## Records from a data collection:
-.-.-

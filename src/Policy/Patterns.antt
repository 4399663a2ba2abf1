-- ===== src/Policy/Patterns.antt =====
-- internal/policy/search.go: the patterns. Under (?i) the package regexp also takes the Kelvin sign
-- for k and the long s for s; \b knows ASCII words only.
use web_scraper.Base.{
  ℕ, zero, suc, ◌+◌, Bool, not, ◌||◌, ◌&&◌, List, [], ◌∷◌, Text, String, codes, leb, ◌==◌,
  if◌then◌else◌,
}
use web_scraper.Policy.Regex.{
  Regex, empty, one, seq, alt, star, word_boundary, text_start, text_end, is_word,
}

abbrev is_upper : ℕ → Bool
is_upper c = leb b'A' c && leb c b'Z'

abbrev is_lower : ℕ → Bool
is_lower c = leb b'a' c && leb c b'z'

abbrev is_digit : ℕ → Bool
is_digit c = leb b'0' c && leb c b'9'

abbrev is_alnum : ℕ → Bool
is_alnum c = is_digit c || is_upper c || is_lower c

-- the rune that stands for all that are equal to it under (?i)
abbrev fold_case : ℕ → ℕ
fold_case c =
    if is_upper c then c + 32 else if c == 0x212A then b'k' else if c == 0x17F then b's' else c

-- \s
abbrev is_blank : ℕ → Bool
is_blank c = c == 9 || c == 10 || c == 12 || c == 13 || c == 32

abbrev seqs : List Regex → Regex
seqs [] = empty
seqs (r ∷ []) = r
seqs (r ∷ s ∷ rs) = seq r (seqs (s ∷ rs))

abbrev opt : Regex → Regex
opt r = alt r empty

abbrev plus : Regex → Regex
plus r = seq r (star r)

-- r{n}
abbrev at_least : ℕ → Regex → Regex
at_least zero r = star r
at_least (suc n) r = seq r (at_least n r)

-- r{0,n}
abbrev up_to : ℕ → Regex → Regex
up_to zero r = empty
up_to (suc n) r = opt (seq r (up_to n r))

-- r{n}
abbrev times : ℕ → Regex → Regex
times zero r = empty
times (suc n) r = seq r (times n r)

-- a literal, and a literal under (?i)
abbrev lit : Text → Regex
lit [] = empty
lit (c ∷ s) = seq (one (λ x. x == c)) (lit s)

abbrev lit_i : Text → Regex
lit_i [] = empty
lit_i (c ∷ s) = seq (one (λ x. fold_case x == fold_case c)) (lit_i s)

abbrev str : String → Regex
str s = lit (codes s)

abbrev str_i : String → Regex
str_i s = lit_i (codes s)

-- (?:a|b|…) of literals under (?i)
abbrev any_of : String → List String → Regex
any_of s [] = str_i s
any_of s (t ∷ ts) = alt (str_i s) (any_of t ts)

-- a word, or the word with an s
abbrev maybe_s : String → Regex
maybe_s w = seq (str_i w) (opt (str_i "s"))

abbrev alts : Regex → List Regex → Regex
alts r [] = r
alts r (s ∷ rs) = alt r (alts s rs)

abbrev in_word : Regex → Regex
in_word r = seqs (word_boundary ∷ r ∷ word_boundary ∷ [])

abbrev blanks : Regex
blanks = plus (one is_blank)

-- a character that . matches
abbrev dot : Regex
dot = one (λ c. not (c == 10))

abbrev pub url_pattern : Regex
url_pattern =
    alt
      (seqs (
        word_boundary
        ∷ alts (seq (str_i "http") (opt (str_i "s"))) (str_i "ftp" ∷ str_i "file" ∷ [])
        ∷ str_i "://"
        ∷ []))
      (seqs (word_boundary ∷ str_i "www." ∷ plus (one (λ c. not (is_blank c))) ∷ []))

-- [A-Za-z0-9._~+/\-] under (?i)
abbrev bearer_char : ℕ → Bool
bearer_char x =
    let c = fold_case x in
    is_alnum c || c == b'.' || c == b'_' || c == b'~' || c == b'+' || c == b'/' || c == b'-'

abbrev pub secret_patterns : List Regex
secret_patterns =
    in_word (seq (str "AKIA") (times 16 (one (λ c. is_digit c || is_upper c))))
    ∷ in_word (
        seqs (
          str "gh"
          ∷ one (λ c. c == b'p' || c == b'o' || c == b'u' || c == b's' || c == b'r')
          ∷ str "_"
          ∷ at_least 20 (one is_alnum)
          ∷ []))
    ∷ in_word (seq (str "github_pat_") (at_least 20 (one is_word)))
    ∷ in_word (seq (str "sk-") (at_least 16 (one (λ c. is_word c || c == b'-'))))
    ∷ in_word (seq (str "ws_live_") (at_least 16 (one (λ c. is_word c || c == b'-'))))
    ∷ in_word (seqs (str_i "Bearer" ∷ blanks ∷ at_least 16 (one bearer_char) ∷ []))
    ∷ seqs (
        str_i "-----BEGIN "
        ∷ opt (any_of "RSA " ("EC " ∷ "OPENSSH " ∷ []))
        ∷ str_i "PRIVATE KEY-----"
        ∷ [])
    ∷ []

abbrev pub instruction_patterns : List Regex
instruction_patterns =
    in_word (
      seqs (
        str_i "ignore"
        ∷ blanks
        ∷ opt (seq (any_of "all" ("any" ∷ [])) blanks)
        ∷ any_of "previous" ("prior" ∷ "above" ∷ "system" ∷ "developer" ∷ [])
        ∷ blanks
        ∷ alts (maybe_s "instruction") (maybe_s "prompt" ∷ maybe_s "message" ∷ maybe_s "rule" ∷ [])
        ∷ []))
    ∷ in_word (
        seqs (
          any_of "system" ("developer" ∷ [])
          ∷ blanks
          ∷ alts (str_i "prompt") (str_i "message" ∷ maybe_s "instruction" ∷ [])
          ∷ []))
    ∷ seqs (
        word_boundary
        ∷ any_of "reveal" ("show" ∷ "print" ∷ "dump" ∷ "expose" ∷ "return" ∷ [])
        ∷ word_boundary
        ∷ up_to 48 dot
        ∷ word_boundary
        ∷ alts (str_i "secret") (
            str_i "token"
            ∷ seqs (
                str_i "api" ∷ opt (one (λ c. c == 32 || c == b'_' || c == b'-')) ∷ str_i "key" ∷ [])
            ∷ maybe_s "credential"
            ∷ str_i "environment"
            ∷ seqs (str_i "env" ∷ opt (str_i "ironment") ∷ str_i " variable" ∷ opt (str_i "s") ∷ [])
            ∷ [])
        ∷ word_boundary
        ∷ [])
    ∷ in_word (
        alts (str_i "jailbreak") (
          seqs (str_i "prompt" ∷ blanks ∷ str_i "injection" ∷ [])
          ∷ seqs (
              str_i "bypass"
              ∷ blanks
              ∷ opt (seq (str_i "the") blanks)
              ∷ any_of "filter" ("guardrail" ∷ "policy" ∷ "safety" ∷ [])
              ∷ [])
          ∷ []))
    ∷ seqs (
        word_boundary
        ∷ any_of "do not" ("don't" ∷ [])
        ∷ blanks
        ∷ str_i "follow"
        ∷ word_boundary
        ∷ up_to 32 dot
        ∷ word_boundary
        ∷ alts (maybe_s "instruction") (maybe_s "rule" ∷ str_i "policy" ∷ [])
        ∷ word_boundary
        ∷ [])
    ∷ []

abbrev pub internal_target_patterns : List Regex
internal_target_patterns =
    in_word (any_of "localhost" ("0.0.0.0" ∷ "127.0.0.1" ∷ "169.254.169.254" ∷ []))
    ∷ in_word (str_i "metadata.google.internal")
    ∷ in_word (str_i "process.env")
    ∷ seqs (
        alt text_start (one is_blank)
        ∷ str_i "/etc/"
        ∷ any_of "passwd" ("shadow" ∷ [])
        ∷ alt (one is_blank) text_end
        ∷ [])
    ∷ []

-.-.-

## WORK ITEM:
All of the data must be written out again, exactly as it stands.

## RESULT FOR THIS TASK:
filename src/Policy/Patterns.antt
repository 4399663a2ba2abf1
-- ===== src/Policy/Patterns.antt =====
-- internal/policy/search.go: the patterns. Under (?i) the package regexp also takes the Kelvin sign
-- for k and the long s for s; \b knows ASCII words only.
use web_scraper.Base.{
  ℕ, zero, suc, ◌+◌, Bool, not, ◌||◌, ◌&&◌, List, [], ◌∷◌, Text, String, codes, leb, ◌==◌,
  if◌then◌else◌,
}
use web_scraper.Policy.Regex.{
  Regex, empty, one, seq, alt, star, word_boundary, text_start, text_end, is_word,
}

abbrev is_upper : ℕ → Bool
is_upper c = leb b'A' c && leb c b'Z'

abbrev is_lower : ℕ → Bool
is_lower c = leb b'a' c && leb c b'z'

abbrev is_digit : ℕ → Bool
is_digit c = leb b'0' c && leb c b'9'

abbrev is_alnum : ℕ → Bool
is_alnum c = is_digit c || is_upper c || is_lower c

-- the rune that stands for all that are equal to it under (?i)
abbrev fold_case : ℕ → ℕ
fold_case c =
    if is_upper c then c + 32 else if c == 0x212A then b'k' else if c == 0x17F then b's' else c

-- \s
abbrev is_blank : ℕ → Bool
is_blank c = c == 9 || c == 10 || c == 12 || c == 13 || c == 32

abbrev seqs : List Regex → Regex
seqs [] = empty
seqs (r ∷ []) = r
seqs (r ∷ s ∷ rs) = seq r (seqs (s ∷ rs))

abbrev opt : Regex → Regex
opt r = alt r empty

abbrev plus : Regex → Regex
plus r = seq r (star r)

-- r{n}
abbrev at_least : ℕ → Regex → Regex
at_least zero r = star r
at_least (suc n) r = seq r (at_least n r)

-- r{0,n}
abbrev up_to : ℕ → Regex → Regex
up_to zero r = empty
up_to (suc n) r = opt (seq r (up_to n r))

-- r{n}
abbrev times : ℕ → Regex → Regex
times zero r = empty
times (suc n) r = seq r (times n r)

-- a literal, and a literal under (?i)
abbrev lit : Text → Regex
lit [] = empty
lit (c ∷ s) = seq (one (λ x. x == c)) (lit s)

abbrev lit_i : Text → Regex
lit_i [] = empty
lit_i (c ∷ s) = seq (one (λ x. fold_case x == fold_case c)) (lit_i s)

abbrev str : String → Regex
str s = lit (codes s)

abbrev str_i : String → Regex
str_i s = lit_i (codes s)

-- (?:a|b|…) of literals under (?i)
abbrev any_of : String → List String → Regex
any_of s [] = str_i s
any_of s (t ∷ ts) = alt (str_i s) (any_of t ts)

-- a word, or the word with an s
abbrev maybe_s : String → Regex
maybe_s w = seq (str_i w) (opt (str_i "s"))

abbrev alts : Regex → List Regex → Regex
alts r [] = r
alts r (s ∷ rs) = alt r (alts s rs)

abbrev in_word : Regex → Regex
in_word r = seqs (word_boundary ∷ r ∷ word_boundary ∷ [])

abbrev blanks : Regex
blanks = plus (one is_blank)

-- a character that . matches
abbrev dot : Regex
dot = one (λ c. not (c == 10))

abbrev pub url_pattern : Regex
url_pattern =
    alt
      (seqs (
        word_boundary
        ∷ alts (seq (str_i "http") (opt (str_i "s"))) (str_i "ftp" ∷ str_i "file" ∷ [])
        ∷ str_i "://"
        ∷ []))
      (seqs (word_boundary ∷ str_i "www." ∷ plus (one (λ c. not (is_blank c))) ∷ []))

-- [A-Za-z0-9._~+/\-] under (?i)
abbrev bearer_char : ℕ → Bool
bearer_char x =
    let c = fold_case x in
    is_alnum c || c == b'.' || c == b'_' || c == b'~' || c == b'+' || c == b'/' || c == b'-'

abbrev pub secret_patterns : List Regex
secret_patterns =
    in_word (seq (str "AKIA") (times 16 (one (λ c. is_digit c || is_upper c))))
    ∷ in_word (
        seqs (
          str "gh"
          ∷ one (λ c. c == b'p' || c == b'o' || c == b'u' || c == b's' || c == b'r')
          ∷ str "_"
          ∷ at_least 20 (one is_alnum)
          ∷ []))
    ∷ in_word (seq (str "github_pat_") (at_least 20 (one is_word)))
    ∷ in_word (seq (str "sk-") (at_least 16 (one (λ c. is_word c || c == b'-'))))
    ∷ in_word (seq (str "ws_live_") (at_least 16 (one (λ c. is_word c || c == b'-'))))
    ∷ in_word (seqs (str_i "Bearer" ∷ blanks ∷ at_least 16 (one bearer_char) ∷ []))
    ∷ seqs (
        str_i "-----BEGIN "
        ∷ opt (any_of "RSA " ("EC " ∷ "OPENSSH " ∷ []))
        ∷ str_i "PRIVATE KEY-----"
        ∷ [])
    ∷ []

abbrev pub instruction_patterns : List Regex
instruction_patterns =
    in_word (
      seqs (
        str_i "ignore"
        ∷ blanks
        ∷ opt (seq (any_of "all" ("any" ∷ [])) blanks)
        ∷ any_of "previous" ("prior" ∷ "above" ∷ "system" ∷ "developer" ∷ [])
        ∷ blanks
        ∷ alts (maybe_s "instruction") (maybe_s "prompt" ∷ maybe_s "message" ∷ maybe_s "rule" ∷ [])
        ∷ []))
    ∷ in_word (
        seqs (
          any_of "system" ("developer" ∷ [])
          ∷ blanks
          ∷ alts (str_i "prompt") (str_i "message" ∷ maybe_s "instruction" ∷ [])
          ∷ []))
    ∷ seqs (
        word_boundary
        ∷ any_of "reveal" ("show" ∷ "print" ∷ "dump" ∷ "expose" ∷ "return" ∷ [])
        ∷ word_boundary
        ∷ up_to 48 dot
        ∷ word_boundary
        ∷ alts (str_i "secret") (
            str_i "token"
            ∷ seqs (
                str_i "api" ∷ opt (one (λ c. c == 32 || c == b'_' || c == b'-')) ∷ str_i "key" ∷ [])
            ∷ maybe_s "credential"
            ∷ str_i "environment"
            ∷ seqs (str_i "env" ∷ opt (str_i "ironment") ∷ str_i " variable" ∷ opt (str_i "s") ∷ [])
            ∷ [])
        ∷ word_boundary
        ∷ [])
    ∷ in_word (
        alts (str_i "jailbreak") (
          seqs (str_i "prompt" ∷ blanks ∷ str_i "injection" ∷ [])
          ∷ seqs (
              str_i "bypass"
              ∷ blanks
              ∷ opt (seq (str_i "the") blanks)
              ∷ any_of "filter" ("guardrail" ∷ "policy" ∷ "safety" ∷ [])
              ∷ [])
          ∷ []))
    ∷ seqs (
        word_boundary
        ∷ any_of "do not" ("don't" ∷ [])
        ∷ blanks
        ∷ str_i "follow"
        ∷ word_boundary
        ∷ up_to 32 dot
        ∷ word_boundary
        ∷ alts (maybe_s "instruction") (maybe_s "rule" ∷ str_i "policy" ∷ [])
        ∷ word_boundary
        ∷ [])
    ∷ []

abbrev pub internal_target_patterns : List Regex
internal_target_patterns =
    in_word (any_of "localhost" ("0.0.0.0" ∷ "127.0.0.1" ∷ "169.254.169.254" ∷ []))
    ∷ in_word (str_i "metadata.google.internal")
    ∷ in_word (str_i "process.env")
    ∷ seqs (
        alt text_start (one is_blank)
        ∷ str_i "/etc/"
        ∷ any_of "passwd" ("shadow" ∷ [])
        ∷ alt (one is_blank) text_end
        ∷ [])
    ∷ []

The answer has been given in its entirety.